• **DIRECTIONS FOR THIS TASK**
Find the lines in the records that carry the word "differ". Copy each one.

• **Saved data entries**
* * * * * * *
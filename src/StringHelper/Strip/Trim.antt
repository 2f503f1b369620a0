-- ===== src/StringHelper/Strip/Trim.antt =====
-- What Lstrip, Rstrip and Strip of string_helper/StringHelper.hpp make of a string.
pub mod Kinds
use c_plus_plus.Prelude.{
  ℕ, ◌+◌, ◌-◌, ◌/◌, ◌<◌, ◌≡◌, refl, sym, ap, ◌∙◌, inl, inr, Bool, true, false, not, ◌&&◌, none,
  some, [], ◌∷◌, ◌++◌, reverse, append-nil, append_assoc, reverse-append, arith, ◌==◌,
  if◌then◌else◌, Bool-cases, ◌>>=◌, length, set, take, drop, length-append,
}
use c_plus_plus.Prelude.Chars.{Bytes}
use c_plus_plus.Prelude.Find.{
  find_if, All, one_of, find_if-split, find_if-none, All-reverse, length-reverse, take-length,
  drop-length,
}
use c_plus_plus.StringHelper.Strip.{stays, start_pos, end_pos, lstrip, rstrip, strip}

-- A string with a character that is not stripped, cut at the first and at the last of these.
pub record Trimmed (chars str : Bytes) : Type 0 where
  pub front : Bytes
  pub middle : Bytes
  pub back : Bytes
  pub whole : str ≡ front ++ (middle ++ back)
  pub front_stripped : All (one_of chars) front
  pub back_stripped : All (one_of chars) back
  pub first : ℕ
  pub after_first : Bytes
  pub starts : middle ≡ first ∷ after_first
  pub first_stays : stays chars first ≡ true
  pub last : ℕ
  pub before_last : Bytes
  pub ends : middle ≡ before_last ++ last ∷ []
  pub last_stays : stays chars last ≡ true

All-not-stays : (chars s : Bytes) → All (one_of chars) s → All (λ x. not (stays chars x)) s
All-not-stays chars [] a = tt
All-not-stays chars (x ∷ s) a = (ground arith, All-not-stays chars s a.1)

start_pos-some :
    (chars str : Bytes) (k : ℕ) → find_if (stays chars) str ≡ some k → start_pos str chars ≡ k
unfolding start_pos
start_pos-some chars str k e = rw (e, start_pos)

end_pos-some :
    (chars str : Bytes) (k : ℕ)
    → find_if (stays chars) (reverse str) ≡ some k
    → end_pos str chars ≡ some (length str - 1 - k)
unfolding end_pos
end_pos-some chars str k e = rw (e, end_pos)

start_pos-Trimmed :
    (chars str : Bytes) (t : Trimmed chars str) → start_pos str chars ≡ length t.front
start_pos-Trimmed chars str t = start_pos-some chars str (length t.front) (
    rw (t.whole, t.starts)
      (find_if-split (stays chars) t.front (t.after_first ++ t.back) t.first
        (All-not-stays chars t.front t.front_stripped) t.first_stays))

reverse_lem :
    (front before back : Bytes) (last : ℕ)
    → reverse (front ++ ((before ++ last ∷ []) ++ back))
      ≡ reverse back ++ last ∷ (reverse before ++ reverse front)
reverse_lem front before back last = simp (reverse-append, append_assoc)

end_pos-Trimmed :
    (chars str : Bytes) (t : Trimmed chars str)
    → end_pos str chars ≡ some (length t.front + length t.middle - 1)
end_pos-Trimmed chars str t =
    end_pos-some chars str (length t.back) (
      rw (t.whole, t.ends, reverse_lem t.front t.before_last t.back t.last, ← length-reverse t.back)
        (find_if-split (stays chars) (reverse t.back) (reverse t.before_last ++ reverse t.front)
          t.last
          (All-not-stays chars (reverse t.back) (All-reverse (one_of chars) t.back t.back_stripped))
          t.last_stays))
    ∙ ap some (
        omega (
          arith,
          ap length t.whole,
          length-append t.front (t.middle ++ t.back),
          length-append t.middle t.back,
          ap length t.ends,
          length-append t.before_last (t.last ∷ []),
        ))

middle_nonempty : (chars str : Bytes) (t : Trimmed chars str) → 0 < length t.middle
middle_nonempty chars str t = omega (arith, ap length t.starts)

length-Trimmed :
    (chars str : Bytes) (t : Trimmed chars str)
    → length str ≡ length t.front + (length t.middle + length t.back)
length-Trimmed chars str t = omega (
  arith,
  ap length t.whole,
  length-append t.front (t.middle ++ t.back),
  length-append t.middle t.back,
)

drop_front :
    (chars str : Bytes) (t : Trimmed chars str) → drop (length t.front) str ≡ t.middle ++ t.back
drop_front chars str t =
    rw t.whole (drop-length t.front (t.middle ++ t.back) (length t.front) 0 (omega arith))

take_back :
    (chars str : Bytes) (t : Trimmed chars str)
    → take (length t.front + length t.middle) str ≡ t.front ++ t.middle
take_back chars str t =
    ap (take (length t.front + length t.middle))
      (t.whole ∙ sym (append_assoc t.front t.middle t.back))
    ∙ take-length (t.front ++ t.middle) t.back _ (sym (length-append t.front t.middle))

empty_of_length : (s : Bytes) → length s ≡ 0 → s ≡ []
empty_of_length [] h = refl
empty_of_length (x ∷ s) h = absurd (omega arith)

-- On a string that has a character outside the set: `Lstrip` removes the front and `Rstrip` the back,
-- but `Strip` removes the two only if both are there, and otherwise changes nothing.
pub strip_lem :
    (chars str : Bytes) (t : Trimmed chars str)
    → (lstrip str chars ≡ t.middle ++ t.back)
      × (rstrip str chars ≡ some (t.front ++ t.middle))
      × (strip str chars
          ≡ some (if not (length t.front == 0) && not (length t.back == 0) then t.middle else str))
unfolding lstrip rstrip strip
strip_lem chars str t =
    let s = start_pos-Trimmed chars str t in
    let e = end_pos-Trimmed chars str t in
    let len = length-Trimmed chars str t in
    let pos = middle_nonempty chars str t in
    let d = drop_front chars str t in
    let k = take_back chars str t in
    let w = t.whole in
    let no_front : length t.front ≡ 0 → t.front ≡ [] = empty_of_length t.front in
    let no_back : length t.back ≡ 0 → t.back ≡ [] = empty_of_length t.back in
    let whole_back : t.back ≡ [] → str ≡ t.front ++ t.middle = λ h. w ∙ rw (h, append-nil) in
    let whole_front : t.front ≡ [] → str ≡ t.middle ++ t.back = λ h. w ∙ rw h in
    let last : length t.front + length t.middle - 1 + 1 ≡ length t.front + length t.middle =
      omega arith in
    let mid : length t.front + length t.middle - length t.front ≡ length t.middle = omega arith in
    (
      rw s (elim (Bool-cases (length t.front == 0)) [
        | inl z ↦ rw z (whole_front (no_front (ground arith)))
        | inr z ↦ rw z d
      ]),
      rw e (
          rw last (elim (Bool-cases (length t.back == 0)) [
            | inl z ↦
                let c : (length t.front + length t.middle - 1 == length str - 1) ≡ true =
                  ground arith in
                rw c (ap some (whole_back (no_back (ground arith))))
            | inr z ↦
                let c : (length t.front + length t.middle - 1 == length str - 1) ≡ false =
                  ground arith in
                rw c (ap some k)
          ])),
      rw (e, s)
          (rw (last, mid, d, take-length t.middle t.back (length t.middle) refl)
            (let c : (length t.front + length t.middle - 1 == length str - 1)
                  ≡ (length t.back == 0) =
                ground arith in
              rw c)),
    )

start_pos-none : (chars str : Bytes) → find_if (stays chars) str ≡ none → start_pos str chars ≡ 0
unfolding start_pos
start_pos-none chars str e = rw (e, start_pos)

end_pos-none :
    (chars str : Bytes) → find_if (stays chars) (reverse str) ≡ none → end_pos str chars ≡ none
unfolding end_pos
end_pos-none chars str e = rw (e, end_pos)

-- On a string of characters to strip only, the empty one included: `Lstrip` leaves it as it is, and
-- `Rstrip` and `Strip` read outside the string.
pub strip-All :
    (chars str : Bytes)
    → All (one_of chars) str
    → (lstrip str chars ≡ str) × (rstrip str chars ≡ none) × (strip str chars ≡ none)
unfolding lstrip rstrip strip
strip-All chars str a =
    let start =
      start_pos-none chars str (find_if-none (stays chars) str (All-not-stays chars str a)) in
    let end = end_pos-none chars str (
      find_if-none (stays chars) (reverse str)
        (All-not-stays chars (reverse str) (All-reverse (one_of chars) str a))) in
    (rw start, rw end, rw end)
* * * * * * *
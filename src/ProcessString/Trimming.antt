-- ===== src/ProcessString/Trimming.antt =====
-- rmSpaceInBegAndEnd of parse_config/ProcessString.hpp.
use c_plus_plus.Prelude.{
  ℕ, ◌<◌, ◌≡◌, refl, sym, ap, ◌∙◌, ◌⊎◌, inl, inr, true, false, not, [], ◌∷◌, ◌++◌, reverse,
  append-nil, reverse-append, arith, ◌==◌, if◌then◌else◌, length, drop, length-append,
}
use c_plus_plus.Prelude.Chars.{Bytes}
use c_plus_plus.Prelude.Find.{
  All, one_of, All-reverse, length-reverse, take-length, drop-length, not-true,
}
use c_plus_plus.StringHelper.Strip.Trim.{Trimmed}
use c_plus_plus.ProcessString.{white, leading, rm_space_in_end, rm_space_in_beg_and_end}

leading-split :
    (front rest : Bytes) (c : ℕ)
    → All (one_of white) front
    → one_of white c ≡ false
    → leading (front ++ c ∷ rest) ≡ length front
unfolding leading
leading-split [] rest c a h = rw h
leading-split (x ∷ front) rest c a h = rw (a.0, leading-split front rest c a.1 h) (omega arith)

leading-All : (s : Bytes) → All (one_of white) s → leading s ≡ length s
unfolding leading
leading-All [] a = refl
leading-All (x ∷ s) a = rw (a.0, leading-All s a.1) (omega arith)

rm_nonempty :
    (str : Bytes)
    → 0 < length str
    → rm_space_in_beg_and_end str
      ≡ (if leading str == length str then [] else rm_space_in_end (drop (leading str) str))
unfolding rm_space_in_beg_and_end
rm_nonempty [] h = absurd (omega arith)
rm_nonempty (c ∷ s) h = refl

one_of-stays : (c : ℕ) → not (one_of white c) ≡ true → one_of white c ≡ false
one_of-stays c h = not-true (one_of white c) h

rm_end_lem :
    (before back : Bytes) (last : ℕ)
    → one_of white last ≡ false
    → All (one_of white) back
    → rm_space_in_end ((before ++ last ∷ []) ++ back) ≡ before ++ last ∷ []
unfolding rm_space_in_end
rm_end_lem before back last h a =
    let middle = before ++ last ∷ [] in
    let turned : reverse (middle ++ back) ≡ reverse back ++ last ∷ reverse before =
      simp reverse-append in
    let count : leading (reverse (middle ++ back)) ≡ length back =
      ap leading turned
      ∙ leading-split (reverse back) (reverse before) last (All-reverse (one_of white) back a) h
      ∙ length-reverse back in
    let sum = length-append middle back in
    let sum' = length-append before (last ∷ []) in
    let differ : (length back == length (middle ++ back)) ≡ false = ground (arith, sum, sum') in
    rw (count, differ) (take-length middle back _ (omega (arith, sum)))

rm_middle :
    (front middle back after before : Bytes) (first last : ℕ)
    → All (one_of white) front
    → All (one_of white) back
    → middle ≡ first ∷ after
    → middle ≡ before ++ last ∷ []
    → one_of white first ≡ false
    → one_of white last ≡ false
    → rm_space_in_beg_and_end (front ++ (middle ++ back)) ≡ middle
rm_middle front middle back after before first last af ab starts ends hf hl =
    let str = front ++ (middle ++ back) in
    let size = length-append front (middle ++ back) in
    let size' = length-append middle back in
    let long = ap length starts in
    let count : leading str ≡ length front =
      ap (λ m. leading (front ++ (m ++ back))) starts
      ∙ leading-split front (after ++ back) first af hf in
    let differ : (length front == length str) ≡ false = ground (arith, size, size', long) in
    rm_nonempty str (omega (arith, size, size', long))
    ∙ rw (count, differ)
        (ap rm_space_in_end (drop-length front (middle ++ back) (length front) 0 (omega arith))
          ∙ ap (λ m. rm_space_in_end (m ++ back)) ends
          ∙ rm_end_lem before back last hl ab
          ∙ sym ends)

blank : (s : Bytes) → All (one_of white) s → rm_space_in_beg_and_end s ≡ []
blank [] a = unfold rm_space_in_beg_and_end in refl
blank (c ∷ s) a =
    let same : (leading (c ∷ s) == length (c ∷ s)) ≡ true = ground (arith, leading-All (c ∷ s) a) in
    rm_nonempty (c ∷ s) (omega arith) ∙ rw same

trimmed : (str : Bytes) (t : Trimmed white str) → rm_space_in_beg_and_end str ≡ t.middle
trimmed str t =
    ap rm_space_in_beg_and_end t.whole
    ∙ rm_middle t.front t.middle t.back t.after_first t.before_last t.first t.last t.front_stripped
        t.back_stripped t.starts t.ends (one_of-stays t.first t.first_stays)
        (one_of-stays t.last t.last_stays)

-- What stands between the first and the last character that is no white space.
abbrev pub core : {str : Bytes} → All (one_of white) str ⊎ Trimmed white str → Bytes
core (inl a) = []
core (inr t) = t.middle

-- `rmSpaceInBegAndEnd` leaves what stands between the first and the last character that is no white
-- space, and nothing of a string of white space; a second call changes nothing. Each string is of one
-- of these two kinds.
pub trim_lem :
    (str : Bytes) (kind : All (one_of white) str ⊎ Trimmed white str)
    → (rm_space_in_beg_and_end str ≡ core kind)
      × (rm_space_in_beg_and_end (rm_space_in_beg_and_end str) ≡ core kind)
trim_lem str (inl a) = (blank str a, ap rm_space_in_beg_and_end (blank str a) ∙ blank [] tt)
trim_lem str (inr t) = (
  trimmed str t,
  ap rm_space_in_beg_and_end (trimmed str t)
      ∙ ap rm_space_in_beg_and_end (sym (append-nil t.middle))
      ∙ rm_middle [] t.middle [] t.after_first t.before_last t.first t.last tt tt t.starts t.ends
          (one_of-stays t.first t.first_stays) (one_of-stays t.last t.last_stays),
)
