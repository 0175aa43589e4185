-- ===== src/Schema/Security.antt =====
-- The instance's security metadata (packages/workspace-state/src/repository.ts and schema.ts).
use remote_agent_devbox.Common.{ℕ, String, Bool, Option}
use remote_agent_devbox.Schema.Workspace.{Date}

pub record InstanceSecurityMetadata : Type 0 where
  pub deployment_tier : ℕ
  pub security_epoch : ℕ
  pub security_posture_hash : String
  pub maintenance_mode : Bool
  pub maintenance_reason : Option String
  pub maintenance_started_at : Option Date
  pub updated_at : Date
* * * * * * *
• **PROBLEM SOLUTION**
    let differ : (length back == length (middle ++ back)) ≡ false = ground (arith, sum, sum') in
    rw (count, differ) (take-length middle back _ (omega (arith, sum)))
    let differ : (length front == length str) ≡ false = ground (arith, size, size', long) in
    ∙ rw (count, differ)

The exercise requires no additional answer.